CORPUS CHRISTI, Texas — Looking for food editors and food creators, we found one of the most popular in Driscoll: Sweet Life Bake.
Vianney Rodriguez is a food creator, food editor, author, and Southern Living magazine's Cook of the Year, a proud Tejana-mexicana cocinera – Tex-Mex cook -- from South Texas.
"I'm born and raised in South Texas,” she said. “I was born in Aransas Pass, Texas. I've lived in South Texas all my life. I did a little bit of school to become a teacher and quickly realized that was not my calling.”
Sharing her love of Tex-Mex food is Vianney’s calling. Tex-Mex is short for Texans of Mexican heritage.
Tex-Mex food, according to Vianney, is . . .
"A nod of all the Mexican influences with a little bit of Texas flavors,” she said. “We have our comino -- we have the cumin -- we have the serrano (chiles), the jalapeños like we have here, we have the pecans -- so it's a lot of Mexican influence with Texas corazón (heart)."
We grow up eating the food of our culture -- it becomes a part of who we are.
We associate food from our childhood with warm feelings and good memories, tying us to our families.
For Vianney, it was atole, a traditional drink usually made of corn meal, and migas, fried corn tortilla pieces and eggs.
"Something that I grew up enjoying; my mom and my abuelita would make this every Monday before school, it's an atole de avena (oatmeal) con nueces.

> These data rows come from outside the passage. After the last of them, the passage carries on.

-- ===== src/Examples/Weather.antt =====
-- examples/tool_usage.cpp
pub mod Laws
use forgeant.Agent.{no_overrides}
use forgeant.Prelude.{◌<>◌, String, List, [], ◌∷◌, if◌then◌else◌}
use forgeant.Prelude.Decimal.{to_string}
use forgeant.Outcome.{Outcome, ok, throw}
use forgeant.Action.{Action, pure, lift, modify, continue, ◌>>=◌, ◌>>◌}
use forgeant.Platform.{Platform}
use forgeant.Json.{Json, string, at, contains, get_string}
use forgeant.Schema.{
  SchemaBuilder, ParamSchema, builder, description, default_value, enum_values, property, required,
  string_schema, object_schema,
}
use forgeant.Tool.{Tool, make_tool}
use forgeant.Http.{HttpClient}
use forgeant.Agent.{AgentResult, add_tool, run_prompt}
use forgeant.Examples.{Environment, Program, done, after_run, with_agent}

pub record WeatherParams : Type 0 where
  pub city : String
  pub unit : String

-- `WeatherParams{}`
abbrev pub no_params : WeatherParams
no_params = record { city = ""; unit = "fahrenheit" }

abbrev unit_schema : Action Json Unit
unit_schema = do
  description "Temperature unit"
  enum_values ("fahrenheit" ∷ "celsius" ∷ [])
  default_value (string "fahrenheit")

abbrev schema : Action Json Unit
schema = do
  property "city" (description "The city name" string_schema.schema).1
  property "unit" (unit_schema string_schema.schema).1
  required ("city" ∷ [])

unfoldable pub param_weather : ParamSchema WeatherParams
unfolding builder description default_value enum_values property required
param_weather = record { schema = (schema object_schema.schema).1 }

abbrev read_unit : Json → Action WeatherParams Unit
read_unit j = do
  unit_json ← lift (at "unit" j)
  unit ← lift (get_string unit_json)
  modify (λ params. record params { unit = unit })

unfoldable pub from_json : Json → Action WeatherParams Unit
unfolding at contains
from_json j = do
  city_json ← lift (at "city" j)
  city ← lift (get_string city_json)
  modify (λ params. record params { city = city })
  if contains "unit" j then read_unit j else pure tt

abbrev result_of : Outcome (Unit {0}) × WeatherParams → Outcome WeatherParams
result_of (ok _, params) = ok params
result_of (throw e, params) = throw e

-- `get<WeatherParams>()`
unfoldable pub get_weather : Json → Outcome WeatherParams
unfolding from_json
get_weather j = result_of (from_json j no_params)

abbrev pub forecast : {W : Type 0} → WeatherParams → Action W Json
forecast params = pure (string ("72°F and sunny in " <> params.city))

unfoldable pub weather_tool : {W : Type 0} → Tool W
unfolding make_tool param_weather get_weather
weather_tool =
    make_tool param_weather.schema get_weather "get_weather" "Get the current weather for a city"
      forecast

abbrev pub shown_answer : AgentResult String → List String
shown_answer result =
    ("Response: " <> result.output) ∷ ("Iterations: " <> to_string result.iterations) ∷ []

abbrev pub helpful : String
helpful = "You are a helpful assistant."

abbrev pub weather_question : String
weather_question = "What's the weather like in Denver?"

unfoldable pub main_weather :
    {W : Type 0} → Platform → Outcome (HttpClient W) → Environment → Program W
unfolding run_prompt add_tool weather_tool to_string
main_weather p client env = with_agent p client env helpful (λ agent. λ c.
    after_run (run_prompt p (add_tool weather_tool agent) weather_question no_overrides c.world)
      (λ result. done (shown_answer result)) c)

My mom always added pecans because it's a little nod to South Texas," she said. "Migas is such that comfort dish, and also during Hispanic Heritage (Month), I try to feed my family the dishes I grew up with, and this has such sentimental value to me. My dad was taking care of the kids alone, so this was the only dish he knew how to make."
Food from our family holds a special and personal value for us, often becoming the comfort food we seek as adults.

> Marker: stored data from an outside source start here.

-- ===== src/Examples/Exits.antt =====
-- How the example programs end: one `try` around the whole of `main`.
use mathlib.Core.List.{append_assoc, append-nil}
use forgeant.Agent.{no_overrides}
use forgeant.Prelude.{ℕ, ◌<>◌, String, ◌≡◌, refl, ◌∙◌, List, [], ◌∷◌, ◌++◌}
use forgeant.Outcome.{Outcome, ok, throw}
use forgeant.Platform.{Platform, what}
use forgeant.Http.{HttpClient}
use forgeant.Agent.{
  Agent, AgentResult, Run, returned, failed, add_tool, run_prompt, run_conversation,
}
use forgeant.Agent.Typed.{run_typed_prompt}
use forgeant.Agent.Create.{create}
use forgeant.Examples.{
  Console, Environment, Program, print_all, after_run, after_create, provider_name, options_of,
}
use forgeant.Examples.Movies.{main_movie, shown_review, get_movie, param_movie, movie_question}
use forgeant.Examples.Weather.{main_weather, shown_answer, weather_tool, helpful, weather_question}
use forgeant.Examples.Chats.{
  main_chat, main_turns, turns, first_turn, second_turn, shown_tokens, shown_turns, concise,
  capital_question, alice, name_question, count_question, opening, to_second, to_third, ask_more,
}

-- Code 0 and nothing on `std::cerr`, or code 1 and one message there. What was printed stays.
pub data Exits {W : Type 0} (c : Console W) (r : ℕ × Console W) : Type 0 where
  success :
      (lines : List String) (w : W)
      → r ≡ (0, record { out = c.out ++ lines; err = c.err; world = w })
      → Exits c r
  failure :
      (lines : List String) (text : String) (w : W)
      → r ≡ (1, record { out = c.out ++ lines; err = c.err ++ ("Error: " <> text) ∷ []; world = w })
      → Exits c r

module _ {W : Type 0} where
  Exits-print_all :
      (lines : List String) (c : Console W) (r : ℕ × Console W)
      → Exits (print_all lines c) r
      → Exits c r
  Exits-print_all lines c r (success more w e) = success (lines ++ more) w (e ∙ rw append_assoc)
  Exits-print_all lines c r (failure more text w e) =
      failure (lines ++ more) text w (e ∙ rw append_assoc)

  Exits-world :
      (w : W) (c : Console W) (r : ℕ × Console W) → Exits (record c { world = w }) r → Exits c r
  Exits-world w c r (success lines w' e) = success lines w' e
  Exits-world w c r (failure lines text w' e) = failure lines text w' e

  after_run-Exits :
      {A : Type 0} (x : Run (AgentResult A) × W) (next : AgentResult A → Program W) (c : Console W)
      → ((result : AgentResult A) (c : Console W) → Exits c (next result c))
      → Exits c (after_run x next c)
  after_run-Exits (returned result, w) next c h =
      Exits-world w c _ (h result (record c { world = w }))
  after_run-Exits (failed e, w) next c h = failure [] e.message w (rw append-nil)

  after_create-Exits :
      (p : Platform) (x : Outcome (Agent W)) (next : Agent W → Program W) (c : Console W)
      → ((agent : Agent W) (c : Console W) → Exits c (next agent c))
      → Exits c (after_create p x next c)
  after_create-Exits p (ok agent) next c h = h agent c
  after_create-Exits p (throw e) next c h = failure [] (what p e) c.world (rw append-nil)

module _ {W : Type 0} (p : Platform) (client : Outcome (HttpClient W)) (env : Environment) where
  chat-Exits : (c : Console W) → Exits c (main_chat p client env c)
  unfolding main_chat
  chat-Exits c =
      after_create-Exits p (create p client (provider_name env) (options_of env concise)) _ c
        (λ agent. λ c.
          after_run-Exits (run_prompt p agent capital_question no_overrides c.world) _ c
            (λ result. λ c. success (shown_tokens result) c.world refl))

  movie-Exits : (c : Console W) → Exits c (main_movie p client env c)
  unfolding main_movie
  movie-Exits c =
      after_create-Exits p (create p client (provider_name env) (options_of env "")) _ c (λ agent.
        λ c.
          after_run-Exits
            (run_typed_prompt p get_movie agent param_movie.schema movie_question no_overrides
              c.world)
            _ c (λ result. λ c. success (shown_review result) c.world refl))

  weather-Exits : (c : Console W) → Exits c (main_weather p client env c)
  unfolding main_weather
  weather-Exits c =
      after_create-Exits p (create p client (provider_name env) (options_of env helpful)) _ c
        (λ agent. λ c.
          after_run-Exits
            (run_prompt p (add_tool weather_tool agent) weather_question no_overrides c.world) _ c
            (λ result. λ c. success (shown_answer result) c.world refl))

module _ {W : Type 0} (p : Platform) (agent : Agent W) where
  second_turn-Exits :
      (result : AgentResult String) (c : Console W) → Exits c (second_turn p agent result c)
  unfolding second_turn
  second_turn-Exits result c = Exits-print_all (to_third result) c _ (
      after_run-Exits
        (run_conversation p agent (ask_more result count_question) no_overrides c.world) _ _
        (λ third. λ c. success (shown_turns third) c.world refl))

  first_turn-Exits :
      (result : AgentResult String) (c : Console W) → Exits c (first_turn p agent result c)
  unfolding first_turn
  first_turn-Exits result c = Exits-print_all (to_second result) c _ (
      after_run-Exits
        (run_conversation p agent (ask_more result name_question) no_overrides c.world) _ _
        (second_turn-Exits))

  turns-Exits : (c : Console W) → Exits c (turns p agent c)
  unfolding turns
  turns-Exits c =
      Exits-print_all opening c _
        (after_run-Exits (run_prompt p agent alice no_overrides c.world) _ _ first_turn-Exits)

module _ {W : Type 0} (p : Platform) (client : Outcome (HttpClient W)) (env : Environment) where
  -- Whatever the environment, the provider and the tools do, each of the four programs exits with
  -- code 0 and prints nothing to `std::cerr`, or exits with code 1 after one message there that starts
  -- with "Error: "; what was printed to `std::cout` before stays.
  pub examples-Exits :
      (c : Console W)
      → Exits c (main_chat p client env c)
        × Exits c (main_turns p client env c)
        × Exits c (main_movie p client env c)
        × Exits c (main_weather p client env c)
  unfolding main_turns
  examples-Exits c = (
    chat-Exits p client env c,
    after_create-Exits p (create p client (provider_name env) (options_of env concise)) _ c
        (λ agent. turns-Exits p agent),
    movie-Exits p client env c,
    weather-Exits p client env c,
  )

Vianney wants to help preserve that meaningful connection.
"I want to make sure these recipes don't end with them,” she said. “I want to pass them down to my daughter and the next generation to have it. So when I'm able to go on social media, or my website, and share these recipes, I'm ensuring that the past goes into the future. These recipes are handed down for people that may not have learned how to cook from their abuelita, but they remember eating those recipes."
Tex-Mex food operates as an expression of cultural identity, and through family dishes passed down from generation to generation, tales of struggle, love, pride, and passion are told.
"A lot of these dishes are casera dishes,” she said. “They are home cooked meals from women trying to piece together a meal for their home on a budget, so I think they really speak to the struggles of our families at that time -- how they were coming from Mexico to live here and paving a way making a new life for them.”
The pride she shows in her food and culture were passed down from her parents, she said.
"My mom would have two jobs,” she said. “She would come home she would still make dinner for us. And just seeing them work so hard to achieve their dreams, to give their children a better future. I think that's where I get my pride and my want my resiliency and my want to show this is where we're from. These are our roots. This is our passion."
Vianney celebrates the beauty of South Texas through her dishes. . . .
"Tex-Mex is me,” she said. “That is literally my identity. I am Tejana. I am proud to be it. I love what we grow -- our ruby reds, our pecans, our (Rio Grande) Valley lemons. We're known for beautiful flavors -- our lavender, our bluebonnets. I think it all plays a big part in our identity and our culture."
. . . and plans to continue her lifelong mission.
"On the weekends we have barbecue and asada outside,” she said. “On Sundays, we have menudo. On the holidays, we have tamales. I think we are very rich in our culture, and I think it doesn't get the credit it deserves, so it's that's my lifelong mission to show the beauty of Tex-Mex.”